Pick out every line in the data below that holds "omega".

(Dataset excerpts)
┄┄┄┄┄┄
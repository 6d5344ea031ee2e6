-- ===== src/Bram/Sizes.antt =====
-- The two queues of lsq/LoadStoreQueueBRAM.hpp are register arrays: no rule changes their sizes.
use elastic_sycl_hls.Prelude.{
  ℕ, suc, ◌+◌, ◌≡◌, Bool, true, false, Option, List, [], ◌∷◌, arith, refl, ap, ◌∙◌, length,
  length-append,
}
use elastic_sycl_hls.Prelude.Int.{ℤ}
use elastic_sycl_hls.Bram.State.{Config, Lsq, LdReq, StReq, StAlloc, LdEntry, PipeInputs, no_load}
use elastic_sycl_hls.Bram.Stores.{shift_in, shift_allocs}
use elastic_sycl_hls.Bram.Loads.{accept_load, mark_first_two, shift_loads, set_head}
use elastic_sycl_hls.Bram.Cycle.{cycle}

length-shift_in {ℓ} : {A : Type ℓ} (a : A) (q : List A) → length (shift_in a q) ≡ length q
length-shift_in a [] = refl
length-shift_in a (x ∷ q) = omega (arith, length-append q (a ∷ []))

length-shift_allocs :
    (moves : Bool) (req : Option StReq) (junk : ℕ) (q : List StAlloc)
    → length (shift_allocs moves req junk q) ≡ length q
unfolding shift_allocs
length-shift_allocs true req junk q = length-shift_in _ q
length-shift_allocs false req junk q = refl

length-accept_load : (req : Option LdReq) (q : List LdEntry) → length (accept_load req q) ≡ length q
unfolding accept_load
length-accept_load req [] = refl
length-accept_load req (e ∷ []) = refl
length-accept_load req (e ∷ f ∷ q) = ap suc (length-accept_load req (f ∷ q))

length-mark_first_two :
    (n : ℕ) (allocs : List StAlloc) (q : List LdEntry)
    → length (mark_first_two n allocs q) ≡ length q
unfolding mark_first_two
length-mark_first_two n allocs [] = refl
length-mark_first_two n allocs (e ∷ []) = refl
length-mark_first_two n allocs (e ∷ f ∷ q) = refl

length-shift_loads : (cfg : Config) (q : List LdEntry) → length (shift_loads cfg q) ≡ length q
unfolding shift_loads
length-shift_loads cfg [] = ground arith
length-shift_loads cfg (e ∷ q) = ground (arith, length-shift_in (no_load (cfg.num_lds + 1)) (e ∷ q))

length-set_head : (h : LdEntry) (q : List LdEntry) → length (set_head h q) ≡ length q
length-set_head h [] = refl
length-set_head h (e ∷ q) = refl

-- One iteration leaves both queues as long as they were.
pub cycle-sizes :
    {V : Type 0} (cfg : Config) (byte_of : V → ℤ) (s : Lsq V) (inp : PipeInputs V)
    → let s' = (cycle cfg byte_of s inp).0 in
      (length s'.st_alloc ≡ length s.st_alloc) × (length s'.ld_queue ≡ length s.ld_queue)
unfolding cycle
cycle-sizes cfg byte_of s inp = (
  length-shift_allocs _ _ _ s.st_alloc,
  length-shift_loads cfg _
      ∙ length-mark_first_two _ _ _
      ∙ length-accept_load _ _
      ∙ length-set_head _ s.ld_queue,
)
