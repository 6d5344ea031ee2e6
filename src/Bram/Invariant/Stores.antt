-- ===== src/Bram/Invariant/Stores.antt =====
-- The store queue of lsq/LoadStoreQueueBRAM.hpp keeps its part of the invariant.
use elastic_sycl_hls.Prelude.{
  ℕ, suc, ◌≤◌, ◌<◌, ◌≡◌, ◌≢◌, inl, inr, Bool, true, false, if◌then◌else◌, Option, none, some, List,
  [], ◌∷◌, ◌++◌, arith, refl, ℕ_discrete,
}
use elastic_sycl_hls.Prelude.Int.{==ℤ_iff}
use elastic_sycl_hls.Bram.State.{StAlloc, StReq, LdEntry, alloc_head}
use elastic_sycl_hls.Bram.Stores.{new_alloc, alloc_moves, shift_allocs}
use elastic_sycl_hls.Bram.Loads.{ld_wait}
use elastic_sycl_hls.Bram.Program.{Program, one_if_some}
use elastic_sycl_hls.Bram.Invariant.{Allocs, StoreQueue}

module _ {V : Type 0} (p : Program V) where
  Allocs-le : (c n : ℕ) (q : List StAlloc) → Allocs p c n q → c ≤ n
  Allocs-le c n [] h = omega arith
  Allocs-le c n (e ∷ q) (inl (v, a, t, r)) = omega (arith, Allocs-le (suc c) n q r)
  Allocs-le c n (e ∷ q) (inr (v, x, r)) = Allocs-le c n q r

  -- A load that no allocated store holds up does not depend on a store that is not done.
  pub ld_wait-SafeAt :
      (c n : ℕ) (q : List StAlloc) (ld : LdEntry)
      → Allocs p c n q
      → ld_wait q ld ≡ false
      → ld.tag ≤ n
      → (k : ℕ) → c < k
      → k ≤ ld.tag
      → p.st_addr k ≢ ld.addr
  unfolding ld_wait
  ld_wait-SafeAt c n [] ld h w le k lo hi e = omega arith
  ld_wait-SafeAt c n (st ∷ q) ld (inr (v, x, r)) w le k lo hi e =
      ld_wait-SafeAt c n q ld r (ground arith) le k lo hi e
  ld_wait-SafeAt c n (st ∷ q) ld (inl (v, a, t, r)) w le k lo hi e = elim (ℕ_discrete k (suc c)) [
    | yes this ↦ ground (arith, ==ℤ_iff st.addr ld.addr)
    | no later ↦ ld_wait-SafeAt (suc c) n q ld r (ground arith) le k (omega arith) hi e
  ]

  Allocs-snoc :
      (c n : ℕ) (q : List StAlloc) (req : Option StReq) (junk : ℕ)
      → ((r : StReq) → req ≡ some r → (r.addr ≡ p.st_addr (suc n)) × (r.tag ≡ suc n))
      → Allocs p c n q
      → Allocs p c (one_if_some req n) (q ++ new_alloc req junk ∷ [])
  unfolding new_alloc
  Allocs-snoc c n [] none junk h i = inr (refl, refl, i)
  Allocs-snoc c n [] (some r) junk h i =
      let (a, t) = h r refl in inl (refl, ground arith, ground arith, ground arith)
  Allocs-snoc c n (e ∷ q) req junk h (inl (v, a, t, i)) =
      inl (v, a, t, Allocs-snoc (suc c) n q req junk h i)
  Allocs-snoc c n (e ∷ q) req junk h (inr (v, x, i)) = inr (v, x, Allocs-snoc c n q req junk h i)

  StoreQueue-snoc :
      (c n : ℕ) (q : List StAlloc) (e : StAlloc)
      → Allocs p c n (q ++ e ∷ [])
      → StoreQueue p c n (q ++ e ∷ [])
  StoreQueue-snoc c n [] e h = h
  StoreQueue-snoc c n (f ∷ q) e h = h

  abbrev pub Matches : ℕ → Option StReq → Type 0
  Matches n req = (r : StReq) → req ≡ some r → (r.addr ≡ p.st_addr (suc n)) × (r.tag ≡ suc n)

  -- The store queue after an iteration: `arrived` says that the value of the head was used.
  pub shift_allocs-Allocs :
      (arrived : Bool) (c n : ℕ) (q : List StAlloc) (req : Option StReq) (junk : ℕ)
      → (arrived ≡ true → (alloc_head q).addr_valid ≡ true)
      → Matches n req
      → StoreQueue p c n q
      → StoreQueue p
          (if arrived then suc c else c)
          (if alloc_moves arrived q then one_if_some req n else n)
          (shift_allocs (alloc_moves arrived q) req junk q)
  unfolding shift_allocs alloc_moves
  shift_allocs-Allocs arrived c n [] req junk v h i = absurd i
  shift_allocs-Allocs true c n (e ∷ q) req junk v h (inl (w, a, t, i)) =
      StoreQueue-snoc (suc c) _ q _ (Allocs-snoc (suc c) n q req junk h i)
  shift_allocs-Allocs true c n (e ∷ q) req junk v h (inr (w, x, i)) = cc (v refl)
  shift_allocs-Allocs false c n (e ∷ q) req junk v h (inl (w, a, t, i)) = rw w (inl (refl, a, t, i))
  shift_allocs-Allocs false c n (e ∷ q) req junk v h (inr (w, x, i)) =
      rw w (StoreQueue-snoc c _ q _ (Allocs-snoc c n q req junk h i))

  pub StoreQueue-le : (c n : ℕ) (q : List StAlloc) → StoreQueue p c n q → c ≤ n
  StoreQueue-le c n [] h = absurd h
  StoreQueue-le c n (e ∷ q) h = Allocs-le c n (e ∷ q) h

  -- A valid head is the oldest store that is not done.
  pub StoreQueue-head :
      (c n : ℕ) (q : List StAlloc)
      → StoreQueue p c n q
      → (alloc_head q).addr_valid ≡ true
      → ((alloc_head q).addr ≡ p.st_addr (suc c)) × ((alloc_head q).tag ≡ suc c) × (suc c ≤ n)
  StoreQueue-head c n [] h v = absurd h
  StoreQueue-head c n (e ∷ q) (inl (w, a, t, r)) v = (a, t, Allocs-le (suc c) n q r)
  StoreQueue-head c n (e ∷ q) (inr (w, x, r)) v = cc

  pub StoreQueue-Allocs : (c n : ℕ) (q : List StAlloc) → StoreQueue p c n q → Allocs p c n q
  StoreQueue-Allocs c n [] h = absurd h
  StoreQueue-Allocs c n (e ∷ q) h = h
┄┄┄┄┄┄
PROBLEM SOLUTION
length-shift_in a (x ∷ q) = omega (arith, length-append q (a ∷ []))
  Allocs-le c n [] h = omega arith
  Allocs-le c n (e ∷ q) (inl (v, a, t, r)) = omega (arith, Allocs-le (suc c) n q r)
  ld_wait-SafeAt c n [] ld h w le k lo hi e = omega arith
    | no later ↦ ld_wait-SafeAt (suc c) n q ld r (ground arith) le k (omega arith) hi e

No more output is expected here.